(Records contained in a dataset)

* * * *

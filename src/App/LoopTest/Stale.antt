-- ===== src/App/LoopTest/Stale.antt =====
-- The length that a buffer's last use left in its header, by which main_txrx_test of
-- userspace/test_app/src/tc_test.c fills the buffer.
use streamio.Common.{
  ℕ, zero, suc, ◌≤◌, ◌≡◌, ◌≢◌, refl, sym, ap, ◌∙◌, some, some-subst, List, [], ◌∷◌, ◌++◌,
  append_assoc, length, length-append, get_elem?, set, get_elem?-set_ne, get_elem?-map, drop,
  drop-append, to_le, take-to_le, length-to_le, from_le-to_le, arith,
}
use native.Mathlib.Decide.{ℕ_discrete}
use streamio.Dma.{ChannelBuffer, Channel, buffer_size}
use streamio.Dma.Contents.{bytes, contents}
use streamio.Remote.Deliver.Calls.{put, put_at}
use streamio.App.{header_bytes}
use streamio.App.LoopTest.{loop_size, loop_header, stale_length, stale_bytes}

-- Every buffer's bytes, as they are, have a length in them with which the buffer can be filled.
abbrev pub AllRoom : List (List ℕ) → Type 0
AllRoom bss = (j : ℕ) (bs : List ℕ) → get_elem? bss j ≡ some bs → stale_bytes bs ≤ buffer_size

-- The header is stored first.
pub stale_bytes-header :
    (start j : ℕ) (rest : List ℕ)
    → stale_bytes (header_bytes (loop_header start j) ++ rest) ≤ buffer_size
stale_bytes-header start j rest =
    let a = to_le 4 start in
    let b = to_le 4 j in
    let c = to_le 4 loop_size in
    let split : header_bytes (loop_header start j) ++ rest ≡ (a ++ b) ++ (c ++ rest) =
      append_assoc a (b ++ c) rest
      ∙ ap (λ x. a ++ x) (append_assoc b c rest)
      ∙ sym (append_assoc a b (c ++ rest)) in
    let eight : length (a ++ b) ≡ 8 =
      omega (arith, length-append a b, length-to_le 4 start, length-to_le 4 j) in
    let behind : drop 8 ((a ++ b) ++ (c ++ rest)) ≡ c ++ rest =
      ap (λ n. drop n ((a ++ b) ++ (c ++ rest))) (sym eight) ∙ drop-append (a ++ b) (c ++ rest) in
    let found : stale_length (header_bytes (loop_header start j) ++ rest) ≡ loop_size =
      rw (split, behind, take-to_le 4 loop_size rest) (from_le-to_le 4 loop_size (omega arith)) in
    omega (arith, found)

bytes-set_buffer :
    (bs : List ChannelBuffer) (i : ℕ) (b : ChannelBuffer)
    → bytes (set bs i b) ≡ set (bytes bs) i b.buffer
bytes-set_buffer [] i b = refl
bytes-set_buffer (x ∷ xs) zero b = refl
bytes-set_buffer (x ∷ xs) (suc i) b = ap (◌∷◌ x.buffer) (bytes-set_buffer xs i b)

-- The contents but for those of buffer `i`.
abbrev pub SameBut : ℕ → Channel → Channel → Type 0
SameBut i c c' = (j : ℕ) → i ≢ j → get_elem? (contents c') j ≡ get_elem? (contents c) j

pub put_at-SameBut :
    (i ptr : ℕ) (bs : List ℕ) (b : ChannelBuffer) (c : Channel) → SameBut i c (put_at i ptr bs b c)
put_at-SameBut i ptr bs b c j ne =
    ap (λ x. get_elem? x j) (bytes-set_buffer c.buffer_table i (put ptr bs b))
    ∙ get_elem?-set_ne (contents c) i j (put ptr bs b).buffer ne

pub AllRoom-SameBut :
    (i : ℕ) (b : ChannelBuffer) (c c' : Channel)
    → AllRoom (contents c)
    → SameBut i c c'
    → get_elem? c'.buffer_table i ≡ some b
    → stale_bytes b.buffer ≤ buffer_size
    → AllRoom (contents c')
AllRoom-SameBut i b c c' room same here fits j bs e = elim (ℕ_discrete i j) [
  | yes at ↦
      let there : get_elem? (contents c') i ≡ some b.buffer =
        get_elem?-map (λ (x : ChannelBuffer). x.buffer) c'.buffer_table i here in
      let eq : some b.buffer ≡ some bs = sym there ∙ ap (get_elem? (contents c')) at ∙ e in
      some-subst (λ x. stale_bytes x ≤ buffer_size) eq fits
  | no ne ↦ room j bs (sym (same j ne) ∙ e)
]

* * * *

→ **Exercise instructions**
Your answer should consist only of the lines above between the line holding "omega (arith, length-append" and the line holding "let found : stale_length", inclusive, each transcribed exactly.

→ **Written answer**
      omega (arith, length-append a b, length-to_le 4 start, length-to_le 4 j) in
    let behind : drop 8 ((a ++ b) ++ (c ++ rest)) ≡ c ++ rest =
      ap (λ n. drop n ((a ++ b) ++ (c ++ rest))) (sym eight) ∙ drop-append (a ++ b) (c ++ rest) in
    let found : stale_length (header_bytes (loop_header start j) ++ rest) ≡ loop_size =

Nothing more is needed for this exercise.